Adult Asthma Clinic
The Adult Asthma Clinic at UNM is accepting patients for referral on Monday afternoons with Drs. Harkins and Iwamoto and Karen-Lynn Fiato RN, Asthma Educator. The adult asthma clinic will offer care of patients with mild to severe asthma.
We offer standardized education for MDI use, spacer use, irritant avoidance, home treatment and written action plans for mild to severe asthmatics.

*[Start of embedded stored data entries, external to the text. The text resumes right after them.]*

-- ===== src/Lifecycle/Propagation.antt =====
-- A work request that fails or is aborted takes the blocked work requests that depend on it with it:
-- the second branch of `unblock_reverse_dependencies`.
use debusine.Lifecycle.Settling.{
  Sound, blocked-LiveIn, nested-lt, react-Settles, finish_parent-Keeps,
}
use debusine.Lifecycle.Advance.{Settles, stage, Settles-refl, Settles-trans, replace-Settles}
use debusine.WorkRequests.{
  Db, WorkRequest, is_blocked, Keeps, Post-choice, Post-map, Post, for_each-visits, Post-bind,
  fetch_parent-Post, Results, Keeps-bind, replace, stored, OutputData, logged, is_success, Worker,
  is_pending, is_running, Post-if, find_worker,
}
use debusine.Prelude.{
  List, filter, All, ℕ, ◌≡◌, false, count, ◌≤◌, none, ◌≢◌, arith, Option, ◌∙◌, true, ◌∷◌, some, inl,
  ap, Bool-cases, sym, refl, inr, ◌==◌, ==_iff, [], ◌<◌, suc, ◌||◌, not, All-map, All-at,
  filter-Any,
}
use debusine.Lifecycle.Reactions.{Reactions, IsQuiet}
use debusine.Lifecycle.Live.{
  Ends, Settles-Ends, UniqueIds, is_live, LiveIn, Settles-UniqueIds, find-LiveIn, Settles-live,
  IsRow, live_without, live-replace, live_without-le-live,
}
use debusine.Lifecycle.Cascade.{
  Calls, unblock_reverse_dependencies, releases, after_abort, after_complete, finish_parent,
  react_to_result, mark_aborted_step, aborted, record_statistics, complete, mark_aborted,
  mark_completed, cascade, pool_statistics, mark_completed_step, finished, complete_unless_none,
  worker_statistics, statistics_of, known_duration,
}
use debusine.WorkRequests.Query.{reverse_dependencies, depends_on}
use debusine.Lifecycle.Parts.{IfLive, schedule-Settles}
use debusine.Lifecycle.Updates.{schedule_workflow_update}
use debusine.Lifecycle.Termination.{cascade-Sound}

abbrev blocked_dependents : Db → WorkRequest → List WorkRequest
blocked_dependents db w = filter (λ r. is_blocked r.status) (reverse_dependencies db w)

abbrev AllEnd : List WorkRequest → List WorkRequest → Type 0
AllEnd ws rows = All (λ r. Ends r.id rows) ws

AllEnd-Settles : (ws xs ys : List WorkRequest) → Settles xs ys → AllEnd ws xs → AllEnd ws ys
AllEnd-Settles ws xs ys s = All-map _ _ ws (λ r h. Settles-Ends r.id xs ys s h)

-- The row `r` is blocked and depends on the work request `k`.
pub record IsBlockedOn (db : Db) (k : ℕ) (r : WorkRequest) : Type 0 where
  pub row : IsRow db.rows r
  pub depends : depends_on db.depends r.id k ≡ true
  pub blocked : is_blocked r.status ≡ true

blocked_dependents-at :
    (db : Db) (w r : WorkRequest) (rows : List WorkRequest)
    → IsBlockedOn db w.id r
    → AllEnd (blocked_dependents db w) rows
    → Ends r.id rows
unfolding reverse_dependencies
blocked_dependents-at db w r rows b all =
    All-at (λ s. Ends s.id rows) (blocked_dependents db w) r
      (filter-Any (λ s. is_blocked s.status) (reverse_dependencies db w) r
        (filter-Any (λ s. depends_on db.depends s.id w.id) db.rows r b.row b.depends) b.blocked)
      all

replace-IsRow :
    (w : WorkRequest) (rows : List WorkRequest) (r : WorkRequest)
    → r.id ≢ w.id
    → IsRow rows r
    → IsRow (replace w rows) r
replace-IsRow w [] r ne h = absurd h
replace-IsRow w (x ∷ xs) r ne (inl e) = elim (Bool-cases (x.id == w.id)) [
  | inl same ↦ absurd (ne (sym (ap (λ (s : WorkRequest). s.id) e) ∙ (==_iff x.id w.id).0 same))
  | inr other ↦ rw other (inl e)
]
replace-IsRow w (x ∷ xs) r ne (inr h) = inr (replace-IsRow w xs r ne h)

-- What `schedule_workflow_update` leaves of the instance `w` and of the row `r`.
record Scheduled (r w : WorkRequest) (db : Db) (w' : WorkRequest) (db' : Db) : Type 0 where
  settles : Settles db.rows db'.rows
  blocked : IsBlockedOn db' w'.id r
  releasing : releases w' ≡ releases w
  result : w'.result ≡ w.result

schedule-Scheduled :
    (r : WorkRequest) (p : Option WorkRequest) (w : WorkRequest) (db : Db)
    → stage w.status ≡ 2
    → IsBlockedOn db w.id r
    → r.id ≢ w.id
    → Post (Scheduled r w db) (schedule_workflow_update p w db)
unfolding schedule_workflow_update
schedule-Scheduled r none w db t b ne = record {
  settles = Settles-refl db.rows;
  blocked = b;
  releasing = refl;
  result = refl;
}
schedule-Scheduled r (some p) w db t b ne = record {
  settles = replace-Settles (record w { workflows_need_update = true }) db.rows t;
  blocked = record {
    row = replace-IsRow (record w { workflows_need_update = true }) db.rows r ne b.row;
    depends = b.depends;
    blocked = b.blocked;
  };
  releasing = refl;
  result = refl;
}

module _ {reactions : Reactions} (quiet : IsQuiet reactions) (n : ℕ) {calls : Calls}
    (sound : Sound n calls) where
  step :
      (db : Db)
      → UniqueIds db.rows
      → count is_live db.rows ≤ n
      → (r : WorkRequest) (db1 : Db) → LiveIn r.id db.rows
      → Settles db.rows db1.rows
      → Post
          (λ _ db'.
            Settles db.rows db'.rows
            × Ends r.id db'.rows
            × ((y : WorkRequest) → Ends y.id db1.rows → Ends y.id db'.rows))
          (calls.mark_aborted none r db1)
  step db u few r db1 l s =
      Post-map (λ _ db'. Settles db1.rows db'.rows × Ends r.id db'.rows) _ _
        (sound.aborts none r db1 (Settles-UniqueIds db.rows db1.rows s u)
          (nested-lt n sound db.rows u few r db1 s l))
        (λ _ db' (t, e). (
          Settles-trans db.rows db1.rows db'.rows s t,
          e,
          λ y v. Settles-Ends y.id db1.rows db'.rows t v,
        ))

  unblock-AllEnd :
      (w : WorkRequest) (db : Db)
      → releases w ≡ false
      → UniqueIds db.rows
      → count is_live db.rows ≤ n
      → Keeps
          (λ rows. Settles db.rows rows × AllEnd (blocked_dependents db w) rows)
          (unblock_reverse_dependencies reactions calls w db)
  unfolding unblock_reverse_dependencies
  unblock-AllEnd w db fails u few =
      Post-choice _ (releases w) _ _ (λ e. absurd (cc))
        (λ _.
          Post-map _ (λ _ db'. Settles db.rows db'.rows × AllEnd (blocked_dependents db w) db'.rows)
            _
            (for_each-visits (λ db'. Settles db.rows db'.rows) (λ r db'. Ends r.id db'.rows)
              (λ r. LiveIn r.id db.rows) (calls.mark_aborted none) (blocked_dependents db w)
              (step db u few) (blocked-LiveIn db w) db (Settles-refl db.rows))
            (λ _ db' (s, v, _). (s, v)))

  -- The same for one row, `r`.
  unblock-Ends :
      (r w : WorkRequest) (db : Db)
      → IsBlockedOn db w.id r
      → releases w ≡ false
      → UniqueIds db.rows
      → count is_live db.rows ≤ n
      → Keeps
          (λ rows. Settles db.rows rows × Ends r.id rows)
          (unblock_reverse_dependencies reactions calls w db)
  unblock-Ends r w db b fails u few =
      Post-map (λ _ db'. Settles db.rows db'.rows × AllEnd (blocked_dependents db w) db'.rows) _ _
        (unblock-AllEnd w db fails u few)
        (λ _ db' (s, e). (s, blocked_dependents-at db w r db'.rows b e))

  after_abort-Ends :
      (r w : WorkRequest) (db : Db)
      → stage w.status ≡ 2
      → IsBlockedOn db w.id r
      → releases w ≡ false
      → UniqueIds db.rows
      → count is_live db.rows ≤ n
      → Keeps (Ends r.id) (after_abort reactions calls w db)
  unfolding after_abort
  after_abort-Ends r w db t b fails u few =
      Post-bind (λ _ db'. Settles db.rows db'.rows × Ends r.id db'.rows)
        (λ _ db'. Ends r.id db'.rows) (unblock_reverse_dependencies reactions calls w db) _
        (unblock-Ends r w db b fails u few)
        (λ _ db2 (s2, e2).
          fetch_parent-Post (λ _ db'. Ends r.id db'.rows) (IfLive db2.rows) w _ db2
            (λ k p e l. find-LiveIn k db2.rows p e l)
            (λ p live.
              Keeps-bind (Ends r.id) (finish_parent calls p db2) _
                (finish_parent-Keeps n sound db2.rows (Settles-UniqueIds db.rows db2.rows s2 u)
                  (omega (arith, Settles-live db.rows db2.rows s2)) (Ends r.id) (Settles-Ends r.id)
                  p db2 live (Settles-refl db2.rows) e2)
                (λ _ db3 e3.
                  Keeps-bind (Ends r.id) (schedule_workflow_update p w db3) _
                    (Post-map _ (λ _ db'. Ends r.id db'.rows) _ (schedule-Settles p w db3 t)
                      (λ _ db' s. Settles-Ends r.id db3.rows db'.rows s.0 e3))
                    (λ _ db4 e4. e4))))

  after_complete-Ends :
      (r w : WorkRequest) (db : Db)
      → stage w.status ≡ 2
      → w.result ≢ Results.no_result
      → IsBlockedOn db w.id r
      → r.id ≢ w.id
      → releases w ≡ false
      → UniqueIds db.rows
      → count is_live db.rows ≤ n
      → Keeps (Ends r.id) (after_complete reactions calls w db)
  unfolding after_complete
  after_complete-Ends r w db t given b ne fails u few =
      fetch_parent-Post (λ _ db'. Ends r.id db'.rows) (IfLive db.rows) w _ db
        (λ k p e l. find-LiveIn k db.rows p e l)
        (λ p live.
          Post-bind (Scheduled r w db) (λ _ db'. Ends r.id db'.rows)
            (schedule_workflow_update p w db) _ (schedule-Scheduled r p w db t b ne)
            (λ w' db2 sch.
              let few2 : count is_live db2.rows ≤ n =
                omega (arith, Settles-live db.rows db2.rows sch.settles) in
              let u2 = Settles-UniqueIds db.rows db2.rows sch.settles u in
              Post-bind (λ _ db'. Settles db2.rows db'.rows × Ends r.id db'.rows)
                (λ _ db'. Ends r.id db'.rows) (unblock_reverse_dependencies reactions calls w' db2)
                _ (unblock-Ends r w' db2 sch.blocked (sch.releasing ∙ fails) u2 few2)
                (λ _ db3 (s3, e3).
                  let F = λ (rows : List WorkRequest). Settles db.rows rows × Ends r.id rows in
                  Post-bind (λ _ db'. F db'.rows) (λ _ db'. Ends r.id db'.rows)
                    (react_to_result reactions w'.result w' db3) _
                    (react-Settles quiet n sound F w'.result w' db3
                      (λ e. given (sym sch.result ∙ e))
                      (Settles-trans db.rows db2.rows db3.rows sch.settles s3, e3))
                    (λ _ db4 (s4, e4).
                      Keeps-bind (Ends r.id) (finish_parent calls p db4) _
                        (finish_parent-Keeps n sound db.rows u few (Ends r.id) (Settles-Ends r.id) p
                          db4 live s4 e4)
                        (λ _ db5 e5. e5)))))

-- The statistics leave the work requests and their dependencies alone.
record_statistics-same :
    (output : Option OutputData) (w : WorkRequest) (db : Db)
    → Post
        (λ _ db'. (db'.rows ≡ db.rows) × (db'.depends ≡ db.depends))
        (record_statistics output w db)
unfolding record_statistics logged
record_statistics-same output w db = by_duration (known_duration output) w.worker
  where
    by_pool :
        (p : Option ℕ) (j d : ℕ)
        → Post
            (λ _ db'. (db'.rows ≡ db.rows) × (db'.depends ≡ db.depends))
            (pool_statistics p j d w db)
    by_pool none j d = (refl, refl)
    by_pool (some p) j d = (refl, refl)

    by_worker :
        (o : Option Worker) (d : ℕ)
        → Post
            (λ _ db'. (db'.rows ≡ db.rows) × (db'.depends ≡ db.depends))
            (worker_statistics o d w db)
    by_worker none d = tt
    by_worker (some v) d = by_pool v.worker_pool v.id d

    by_duration :
        (d j : Option ℕ)
        → Post (λ _ db'. (db'.rows ≡ db.rows) × (db'.depends ≡ db.depends)) (statistics_of d j w db)
    by_duration none j = (refl, refl)
    by_duration (some d) none = (refl, refl)
    by_duration (some d) (some j) = by_worker (find_worker j db.workers) d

Patients who may benefit from the adult asthma clinic include those with increased risk of hospitalization and frequent ED visits or those with poorly controlled asthma. Criteria for patients with increased risk for problems with their asthma include:
- Any hospitalizations within the last year for an asthma exacerbation
- Greater than 2 ED visits within a year
- Any patient with moderate to severe asthma as defined by NAEEP Guidelines. (Severe Persistent Asthma is defined as continual daily symptoms, frequent night time symptoms, or PEF variability of > 30%, Moderate Persistent Asthma is defined as daily symptoms, night symptoms >1 night per week or PEF variability of > 30%)
- Difficulty in diagnosis
- Asthma unresponsive to therapy
Referrals for Asthma Care
To schedule your patients, PCPs should call centralized scheduling at 272-9365 and ask for Adult Asthma clinic with Harkins or Iwamoto on Monday afternoons in the medical specialty clinic area (5ACC, clinic B). Physicians wishing to discuss care of their patients may call the Pulmonary office at (505) 272-4751 and ask to speak with Drs. Harkins or Iwamoto.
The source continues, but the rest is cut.